• [Material provided]

==============================

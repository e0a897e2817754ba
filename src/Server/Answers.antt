-- ===== src/Server/Answers.antt =====
-- What a client sees of the handlers of internal/server/server.go: a submitted job is shown again.
use executr.Prelude.{
  ◌≡◌, ◌∙◌, ap, refl, pos, String, true, false, some, List, ◌∷◌, arith, any, find, eq_iff,
}
use executr.Models
use executr.Models.{
  UuidNumber, JobSubmission, CompleteRequest, FailRequest, Priority, foreground, background,
  best_effort, Status, pending, running, completed, failed, cancelled, status_text, priority_text,
}
use executr.Store.Row.{Job, Tables, Context, ok, has_id, guarded_up}
use executr.Store.Jobs.{CreateJobParams, create_job, insert_job, check_priority, get_job, new_job}
use executr.Server.Http.{respond, job}
use executr.Server.Convert.{EnvJson, IsMap, variable, db_job_to_model}
use executr.Server.Jobs.{
  handle_submit_job, handle_get_job, incomplete, create_params, submitted, get_response,
}

-- The job as it was submitted, waiting.
abbrev pub ShowsSubmission : JobSubmission → Models.Job → Type 0
ShowsSubmission s m =
    (m.job_type ≡ s.job_type)
    × (m.binary_url ≡ s.binary_url)
    × (m.binary_sha256 ≡ s.binary_sha256)
    × (m.arguments ≡ s.arguments)
    × ((k : String) → variable k m.env_variables ≡ variable k s.env_variables)
    × (priority_text m.priority ≡ s.priority)
    × (m.status ≡ pending)

pub check_priority_text :
    (p : String) (q : Priority) → check_priority p ≡ some q → priority_text q ≡ p
check_priority_text p q h =
    ground (arith, eq_iff p "foreground", eq_iff p "background", eq_iff p "best_effort")

pub find-front : (j : Job) (js : List Job) → find (has_id j.id) (j ∷ js) ≡ some j
unfolding find
find-front j js = ground arith

pub created :
    (p : CreateJobParams) (q : Priority) (c : Context) (t : Tables)
    → check_priority p.priority ≡ some q
    → any (has_id c.fresh) t.jobs ≡ false
    → c.up ≡ true
    → let j = new_job p q (pos 0) c in create_job p c t ≡ (record t { jobs = j ∷ t.jobs }, ok j)
unfolding create_job
created p q c t priority new up =
    (guarded_up c t (insert_job p (pos 0) c t) up) ∙ (rw (priority, new))

pub got :
    (i : UuidNumber) (j : Job) (c : Context) (t : Tables)
    → find (has_id i) t.jobs ≡ some j
    → c.up ≡ true
    → get_job i c t ≡ ok j
unfolding get_job
got i j c t found up = ground (arith, found, up)

-- A submission with a type, a binary URL, one of the three priorities and no variable twice, which
-- reaches the database under an id that is not taken, is answered 201 with the job, and asking for
-- that id afterwards, before anything else happens, is answered 200 with the same job: pending,
-- with the type, binary, arguments, value of every variable and priority that were submitted.
pub submit-get :
    (json : EnvJson) (s : JobSubmission) (q : Priority) (c c' c'' : Context) (t : Tables)
    → IsMap s.env_variables
    → incomplete s ≡ false
    → check_priority s.priority ≡ some q
    → any (has_id c.fresh) t.jobs ≡ false
    → c.up ≡ true
    → c'.up ≡ true
    → let (t', r) = handle_submit_job json (some s) c t in
      (m : Models.Job) × (r ≡ respond 201 (job m))
      × (handle_get_job json c.fresh c' c'' t' ≡ respond 200 (job m))
      × ShowsSubmission s m
unfolding handle_submit_job handle_get_job
submit-get json s q c c' c'' t is_map full priority new up up' =
    let j : Job = new_job (create_params json s) q (pos 0) c in
    let shown : ShowsSubmission s (db_job_to_model json j) =
      unfold db_job_to_model in
      (
        refl,
        refl,
        refl,
        refl,
        λ k. json.unmarshal-marshal s.env_variables k is_map,
        check_priority_text s.priority q priority,
        refl,
      ) in
    let there = created (create_params json s) q c t priority new up in
    let made : handle_submit_job json (some s) c t
        ≡ submitted json (record t { jobs = j ∷ t.jobs }, ok j) =
      (rw full) ∙ (ap (submitted json) there) in
    let asked : handle_get_job json c.fresh c' c'' (handle_submit_job json (some s) c t).0
        ≡ respond 200 (job (db_job_to_model json j)) =
      (ap (λ r. handle_get_job json c.fresh c' c'' r.0) made)
      ∙ (ap (get_response json c.fresh)
          (got c.fresh j c' (record t { jobs = j ∷ t.jobs }) (find-front j t.jobs) up')) in
    (db_job_to_model json j, ap (λ r. r.1) made, asked, shown)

==============================

Would you please return all of the data exactly?

repository e0a897e2817754ba
filename src/Server/Answers.antt
-- ===== src/Server/Answers.antt =====
-- What a client sees of the handlers of internal/server/server.go: a submitted job is shown again.
use executr.Prelude.{
  ◌≡◌, ◌∙◌, ap, refl, pos, String, true, false, some, List, ◌∷◌, arith, any, find, eq_iff,
}
use executr.Models
use executr.Models.{
  UuidNumber, JobSubmission, CompleteRequest, FailRequest, Priority, foreground, background,
  best_effort, Status, pending, running, completed, failed, cancelled, status_text, priority_text,
}
use executr.Store.Row.{Job, Tables, Context, ok, has_id, guarded_up}
use executr.Store.Jobs.{CreateJobParams, create_job, insert_job, check_priority, get_job, new_job}
use executr.Server.Http.{respond, job}
use executr.Server.Convert.{EnvJson, IsMap, variable, db_job_to_model}
use executr.Server.Jobs.{
  handle_submit_job, handle_get_job, incomplete, create_params, submitted, get_response,
}

-- The job as it was submitted, waiting.
abbrev pub ShowsSubmission : JobSubmission → Models.Job → Type 0
ShowsSubmission s m =
    (m.job_type ≡ s.job_type)
    × (m.binary_url ≡ s.binary_url)
    × (m.binary_sha256 ≡ s.binary_sha256)
    × (m.arguments ≡ s.arguments)
    × ((k : String) → variable k m.env_variables ≡ variable k s.env_variables)
    × (priority_text m.priority ≡ s.priority)
    × (m.status ≡ pending)

pub check_priority_text :
    (p : String) (q : Priority) → check_priority p ≡ some q → priority_text q ≡ p
check_priority_text p q h =
    ground (arith, eq_iff p "foreground", eq_iff p "background", eq_iff p "best_effort")

pub find-front : (j : Job) (js : List Job) → find (has_id j.id) (j ∷ js) ≡ some j
unfolding find
find-front j js = ground arith

pub created :
    (p : CreateJobParams) (q : Priority) (c : Context) (t : Tables)
    → check_priority p.priority ≡ some q
    → any (has_id c.fresh) t.jobs ≡ false
    → c.up ≡ true
    → let j = new_job p q (pos 0) c in create_job p c t ≡ (record t { jobs = j ∷ t.jobs }, ok j)
unfolding create_job
created p q c t priority new up =
    (guarded_up c t (insert_job p (pos 0) c t) up) ∙ (rw (priority, new))

pub got :
    (i : UuidNumber) (j : Job) (c : Context) (t : Tables)
    → find (has_id i) t.jobs ≡ some j
    → c.up ≡ true
    → get_job i c t ≡ ok j
unfolding get_job
got i j c t found up = ground (arith, found, up)

-- A submission with a type, a binary URL, one of the three priorities and no variable twice, which
-- reaches the database under an id that is not taken, is answered 201 with the job, and asking for
-- that id afterwards, before anything else happens, is answered 200 with the same job: pending,
-- with the type, binary, arguments, value of every variable and priority that were submitted.
pub submit-get :
    (json : EnvJson) (s : JobSubmission) (q : Priority) (c c' c'' : Context) (t : Tables)
    → IsMap s.env_variables
    → incomplete s ≡ false
    → check_priority s.priority ≡ some q
    → any (has_id c.fresh) t.jobs ≡ false
    → c.up ≡ true
    → c'.up ≡ true
    → let (t', r) = handle_submit_job json (some s) c t in
      (m : Models.Job) × (r ≡ respond 201 (job m))
      × (handle_get_job json c.fresh c' c'' t' ≡ respond 200 (job m))
      × ShowsSubmission s m
unfolding handle_submit_job handle_get_job
submit-get json s q c c' c'' t is_map full priority new up up' =
    let j : Job = new_job (create_params json s) q (pos 0) c in
    let shown : ShowsSubmission s (db_job_to_model json j) =
      unfold db_job_to_model in
      (
        refl,
        refl,
        refl,
        refl,
        λ k. json.unmarshal-marshal s.env_variables k is_map,
        check_priority_text s.priority q priority,
        refl,
      ) in
    let there = created (create_params json s) q c t priority new up in
    let made : handle_submit_job json (some s) c t
        ≡ submitted json (record t { jobs = j ∷ t.jobs }, ok j) =
      (rw full) ∙ (ap (submitted json) there) in
    let asked : handle_get_job json c.fresh c' c'' (handle_submit_job json (some s) c t).0
        ≡ respond 200 (job (db_job_to_model json j)) =
      (ap (λ r. handle_get_job json c.fresh c' c'' r.0) made)
      ∙ (ap (get_response json c.fresh)
          (got c.fresh j c' (record t { jobs = j ∷ t.jobs }) (find-front j t.jobs) up')) in
    (db_job_to_model json j, ap (λ r. r.1) made, asked, shown)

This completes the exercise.